Allah’ın (cc) kimsenin ibadetine–-hâşâ—ihtiyacı yok. Uykuya saatlerce muhtaç bedenin en azından uykuya verdiğimizden 7-8’de birini ibadete verse çok mu?
Enteresandır, insan öğleyi kılsa “Bunun ikindisi var” der. İkindiyi kılsa “Akşamı var”… Böyle mânâsız bir tevehhümle devam eder gider. Sanki ne kadar yaşayacağına dair senedi var? Kahvaltıyı yapmadan öğle yemeğini düşünen yoktur, ama alçak nefis ve şeytan da az hilekâr değiller.
Günümüz insanı daha çok somutçu; somut görünce ikna oluyor. Bir insan 75 yıllık ortalama bir ömürde saçını başını taramaya ve tıraş olmaya üç ay ayırıyor. Saçını taramaya üç ay ayıran sonsuz dünyasına 2.5 sene vermezse… Gerisini siz tamamlayın.
İnsan hayret ediyor? Vücudumuzda bir günde binlerce hücre ölüyor, âlemde bir anda görmediğimiz trilyonlarca hadise cereyan ediyor. Maalesef ki insan “Görmediğime inanmam” diye hükmediyor. Daha vücudunda eriyen bir proteini görmeyecek kadar kör olan insan, adi gözüyle “Allah’ı neden görmüyorum?” diye muterizane hak dâvâ ediyor. Bu düşünceyle namaza, ibadete, itaate bir inkâr kapısı açar;—Allah muhafaza—gözünü de cehennemde açar. Çocuğunun neler yaptığından şüpheli bir baba navigasyonlu telefonu için küçük bir alıcı alsa, telefonuna tanımlasa, o alıcıyı çocuğunun çantasına, elbisesine yerleştirse; evlâdı nerede hangi sokak hangi numarada görebiliyor.
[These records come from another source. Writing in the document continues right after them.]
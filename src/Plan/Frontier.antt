-- ===== src/Plan/Frontier.antt =====
-- The invariant of the graph of a plan while its steps are taken one by one, each once nothing that
-- it waits for is left: of the loop of `topological_order` and of that of `execute_plan_streaming`
-- in crates/node/src/planner/plan.rs.
use mathlib.Core.Path.{subst}
use n3ur0n.Prelude.{
  leb, eqb, if◌then◌else◌, Bool-cases, In, sort, ℕ, ◌+◌, ◌-◌, ◌≤◌, String, ◌≡◌, refl, inl, inr,
  ◌&&◌, List, [], ◌∷◌, ◌++◌, map, arith, ◌==◌, eq_iff,
}
use n3ur0n.Plan.{Link}
use n3ur0n.Plan.Counting.{
  occurs, IsUnique, occurs-append, occurs-sort, occurs-dedup, contains-occurs, occurs-In,
}
use n3ur0n.Plan.Order.{outs, by_index, edges_of, Frontier, lowered, release}

abbrev pub ids : List Link → List String
ids ls = map (λ (l : Link). l.0) ls

-- How many of the dependencies are not done.
unfoldable pub missing : List String → List String → ℕ
missing done [] = 0
missing done (d ∷ ds) = (if eqb (occurs d done) 0 then 1 else 0) + missing done ds

-- No id twice, and no dependency twice.
pub record IsGraph (ls : List Link) : Type 0 where
  pub unique : IsUnique (ids ls)
  pub single : (l : Link) → In l ls → IsUnique l.1

-- A frontier that fits the steps that are done.
pub record IsFrontier (ls : List Link) (done : List String) (fr : Frontier) : Type 0 where
  pub once : (x : String) → occurs x done + occurs x fr.queue ≤ 1
  pub known : (x : String) → 1 ≤ occurs x done + occurs x fr.queue → In x (ids ls)
  pub counted : (l : Link) → In l ls → occurs l.0 done ≡ 0 → fr.indeg l.0 ≡ missing done l.1
  pub ready :
      (l : Link) → In l ls → occurs l.0 done + occurs l.0 fr.queue ≡ 1 → missing done l.1 ≡ 0
  pub waiting :
      (l : Link) → In l ls → occurs l.0 done + occurs l.0 fr.queue ≡ 0 → 1 ≤ missing done l.1

missing-snoc :
    (done : List String) (id : String) (ds : List String)
    → occurs id done ≡ 0
    → missing done ds ≡ missing (done ++ id ∷ []) ds + occurs id ds
unfolding missing occurs
missing-snoc done id [] h = omega arith
missing-snoc done id (d ∷ ds) h =
    ground
      (arith, eq_iff d id, eq_iff id d, occurs-append d done (id ∷ []), missing-snoc done id ds h)

abbrev freed_by : String → Frontier → Frontier
freed_by o fr =
    let less = lowered fr.indeg o in
    record { queue = (if eqb (less o) 0 then fr.queue ++ o ∷ [] else fr.queue); indeg = less }

-- What the loop over the freed steps leaves.
pub release-indeg :
    (os : List String) (fr : Frontier) (k : String)
    → (release os fr).indeg k ≡ fr.indeg k - occurs k os
unfolding release occurs
release-indeg [] fr k = omega arith
release-indeg (o ∷ os) fr k = ground (arith, eq_iff o k, release-indeg os (freed_by o fr) k)

release-queue :
    (os : List String) (fr : Frontier) (k : String)
    → IsUnique os
    → occurs k (release os fr).queue
      ≡ occurs k fr.queue + (if eqb (occurs k os) 1 && leb (fr.indeg k) 1 then 1 else 0)
unfolding release occurs
release-queue [] fr k u = ground arith
release-queue (o ∷ os) fr k u = ground (
  arith,
  eq_iff o k,
  eq_iff k o,
  u k,
  u o,
  occurs-append k fr.queue (o ∷ []),
  release-queue os (freed_by o fr) k (λ x. ground (arith, u x)),
)

outs_bounded : (ls : List Link) (k x : String) → occurs x (outs ls k) ≤ occurs x (ids ls)
unfolding outs occurs
outs_bounded [] k x = omega arith
outs_bounded (l ∷ ls) k x = ground (arith, outs_bounded ls k x)

pub In-ids : (ls : List Link) (l : Link) → In l ls → 1 ≤ occurs l.0 (ids ls)
unfolding occurs
In-ids [] l m = elim m [ ]
In-ids ((id, deps) ∷ ls) l m = elim m [
  | inl here ↦ ground (arith, here, eq_iff id id)
  | inr later ↦ omega (arith, In-ids ls l later)
]

outs-occurs :
    (ls : List Link) (k : String) (l : Link)
    → IsUnique (ids ls)
    → In l ls
    → IsUnique l.1
    → occurs l.0 (outs ls k) ≡ occurs k l.1
unfolding outs occurs
outs-occurs [] k l u m single = elim m [ ]
outs-occurs ((id, deps) ∷ ls) k l u m single = elim m [
  | inl here ↦
      ground
        (arith, here, eq_iff id id, u id, outs_bounded ls k id, contains-occurs deps k, single k)
  | inr later ↦ ground (
    arith,
    eq_iff id l.0,
    u l.0,
    In-ids ls l later,
    contains-occurs deps k,
    outs-occurs ls k l (λ x. ground (arith, u x)) later single,
  )
]

pub edges_of-occurs :
    (ls : List Link) (k : String)
    → IsGraph ls
    → IsUnique (edges_of ls k)
      × ((x : String) → occurs x (edges_of ls k) ≤ occurs x (ids ls))
      × ((l : Link) → In l ls → occurs l.0 (edges_of ls k) ≡ occurs k l.1)
unfolding edges_of
edges_of-occurs ls k g =
    let same : (x : String) → occurs x (edges_of ls k) ≡ occurs x (outs ls k) = λ x.
      let bounded = outs_bounded ls k x in
      ground (
        arith,
        bounded,
        g.unique x,
        occurs-dedup x (sort (by_index ls) (outs ls k)),
        occurs-sort (by_index ls) x (outs ls k),
      ) in
    (
      λ x. omega (arith, same x, outs_bounded ls k x, g.unique x),
      λ x. omega (arith, same x, outs_bounded ls k x),
      λ l m. omega (arith, same l.0, outs-occurs ls k l g.unique m (g.single l m)),
    )

missing-occurs :
    (done : List String) (k : String) (ds : List String)
    → occurs k done ≡ 0
    → occurs k ds ≤ missing done ds
unfolding missing occurs
missing-occurs done k [] h = omega arith
missing-occurs done k (d ∷ ds) h = ground (arith, eq_iff d k, missing-occurs done k ds h)

pub link_of_occurs :
    (ls : List Link) (x : String) → 1 ≤ occurs x (ids ls) → (l : Link) × In l ls × (l.0 ≡ x)
unfolding occurs
link_of_occurs [] x h = absurd (omega arith)
link_of_occurs ((id, deps) ∷ ls) x h = elim (Bool-cases (id == x)) [
  | inl same ↦ ((id, deps), inl refl, (eq_iff id x).0 same)
  | inr other ↦ let (l, m, e) = link_of_occurs ls x (ground (arith, other)) in (l, inr m, e)
]

abbrev pub after : List Link → Frontier → String → List String → Frontier
after ls fr id rest = release (edges_of ls id) (record { queue = rest; indeg = fr.indeg })

pub occurs_one : (x id : String) → occurs x (id ∷ []) ≡ (if id == x then 1 else 0)
unfolding occurs
occurs_one x id = omega arith

-- How often a step is done or in the queue once `id` is taken.
total :
    (ls : List Link) (done : List String) (fr : Frontier) (id : String) (rest : List String)
    → IsGraph ls
    → ((x : String) → occurs x fr.queue ≡ (if id == x then 1 else 0) + occurs x rest)
    → (x : String)
    → occurs x (done ++ id ∷ []) + occurs x (after ls fr id rest).queue
      ≡ occurs x done
        + occurs x fr.queue
        + (if eqb (occurs x (edges_of ls id)) 1 && leb (fr.indeg x) 1 then 1 else 0)
total ls done fr id rest g q x = ground (
  arith,
  occurs-append x done (id ∷ []),
  q x,
  release-queue (edges_of ls id) (record { queue = rest; indeg = fr.indeg }) x
      (edges_of-occurs ls id g).0,
  occurs_one x id,
)

-- What taking the step `id` changes for a link.
taken :
    (ls : List Link) (done : List String) (fr : Frontier) (id : String) (rest : List String)
    → IsGraph ls
    → IsFrontier ls done fr
    → ((x : String) → occurs x fr.queue ≡ (if id == x then 1 else 0) + occurs x rest)
    → (l : Link) → In l ls
    → (occurs l.0 (done ++ id ∷ []) + occurs l.0 (after ls fr id rest).queue
        ≡ occurs l.0 done
          + occurs l.0 fr.queue
          + (if eqb (occurs id l.1) 1 && leb (fr.indeg l.0) 1 then 1 else 0))
      × ((after ls fr id rest).indeg l.0 ≡ fr.indeg l.0 - occurs id l.1)
      × (missing done l.1 ≡ missing (done ++ id ∷ []) l.1 + occurs id l.1)
      × (occurs id l.1 ≤ missing done l.1)
      × (occurs id l.1 ≤ 1)
taken ls done fr id rest g h q l m =
    let e = (edges_of-occurs ls id g).2 l m in
    let fr1 : Frontier = record { queue = rest; indeg = fr.indeg } in
    let new : occurs id done ≡ 0 = ground (arith, h.once id, q id, eq_iff id id) in
    (
      ground (arith, total ls done fr id rest g q l.0, e),
      ground (arith, release-indeg (edges_of ls id) fr1 l.0, e),
      missing-snoc done id l.1 new,
      missing-occurs done id l.1 new,
      g.single l m id,
    )

pub known_occurs :
    (ls : List Link) (done : List String) (fr : Frontier)
    → IsFrontier ls done fr
    → (x : String) → 1 ≤ occurs x done + occurs x fr.queue
    → 1 ≤ occurs x (ids ls)
known_occurs ls done fr h x occ = (occurs-In x (ids ls)).1 (h.known x occ)

-- Taking a step that waits for nothing leaves a frontier that fits.
pub advance-IsFrontier :
    (ls : List Link) (done : List String) (fr : Frontier) (id : String) (rest : List String)
    → IsGraph ls
    → IsFrontier ls done fr
    → ((x : String) → occurs x fr.queue ≡ (if id == x then 1 else 0) + occurs x rest)
    → IsFrontier ls (done ++ id ∷ []) (after ls fr id rest)
advance-IsFrontier ls done fr id rest g h q =
    let change = taken ls done fr id rest g h q in
    let sum = total ls done fr id rest g q in
    let of_ids : (x : String)
        → 1 ≤ occurs x (done ++ id ∷ []) + occurs x (after ls fr id rest).queue
        → 1 ≤ occurs x (ids ls) =
      λ x occ.
        ground (arith, sum x, (edges_of-occurs ls id g).1 x, known_occurs ls done fr h x, occ) in
    record {
      once = λ x. elim (Bool-cases (leb 1 (occurs x (ids ls)))) [
        | inl inside ↦
            let (l, m, e) = link_of_occurs ls x (ground (arith, inside)) in
            subst (λ y. occurs y (done ++ id ∷ []) + occurs y (after ls fr id rest).queue ≤ 1) e
              (ground (arith, change l m, h.once l.0, h.ready l m, h.counted l m))
        | inr outside ↦ ground (arith, of_ids x, outside)
      ];
      known = λ x occ. (occurs-In x (ids ls)).0 (of_ids x occ);
      counted =
          λ l m z. ground (arith, change l m, h.counted l m, occurs-append l.0 done (id ∷ []), z);
      ready = λ l m z. ground (arith, change l m, h.once l.0, h.ready l m, h.counted l m, z);
      waiting = λ l m z. ground (arith, change l m, h.once l.0, h.waiting l m, h.counted l m, z);
    }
Bir baba oğlunun ne yaptığını, nerede olduğunu 100 TL’lik adi bir cihazla görüyor da, âlemleri halk eden, kâinatı bütün müştemilatıyla müzeyyen kılan, yedi gökleri ve zemini insana musahhar eden Allah (cc) insanın ne yaptığını mı bilmeyecek? Hâşâ ve kellâ.
Âyet-i kerime’de “Akıl etmez misiniz?” buyuruyor. Allah (cc) bizden; bizim nefsimize, müstakil olarak ihsan ettiği ruh ve insaniyete rahmet ederek, Kendisine itaati ve ibadeti emretmiştir. Çünkü Allah’a ibadet etmezse insan, içindeki o olmazsa olmaz teşekkür etme, minnettar olma hissini mahlûkata yöneltecek, her el attığı şeyden adeta müşahhas bir şahıs gibi dilenecek, daha cehenneme gitmeden cehennemi hâle girmiş olacak.
İşte yukarıda belirttik, yetmiş beş senede 2.5 seneyi namaza vermeyen anlasın ki nasıl büyük bir zulmü-–önce kendine—mahlûkata ediyor ve bu zulmün cezası—âyetle belirtildiği gibi—çok elim olacaktır.
Bilgisayarda boş işlerle saatlerimiz, günlerimiz, aylarımız heba olup gidiyor. Doktor olmak için 18 sene çalışan biri, sonsuz hayatında mesud olmak için çalışmazsa… Her neyse…
Asrın sahibini dinleyelim: “Halbuki namazda ruhun ve kalbin ve aklın büyük bir rahatı vardır. Hem cisme de o kadar ağır bir iş değildir. Hem namaz kılanın diğer mubah dünyevî amelleri, güzel bir niyet ile ibadet hükmünü alır. Bu surette bütün sermaye-i ömrünü, âhirete mal edebilir. Fâni ömrünü, bir cihette ibka eder.”
Böyle tatlı bir müjdeye-–adeta tatlı bir bahar rüzgârına—aklımızı, nefsimizi, ruhumuzu, kalbimizi, ömrümüzü, canımızı mukabil tutalım.

Benzer konuda makaleler:

İlk yorum yapan olun

Makale hakkında düşüncelerinizi paylaşın...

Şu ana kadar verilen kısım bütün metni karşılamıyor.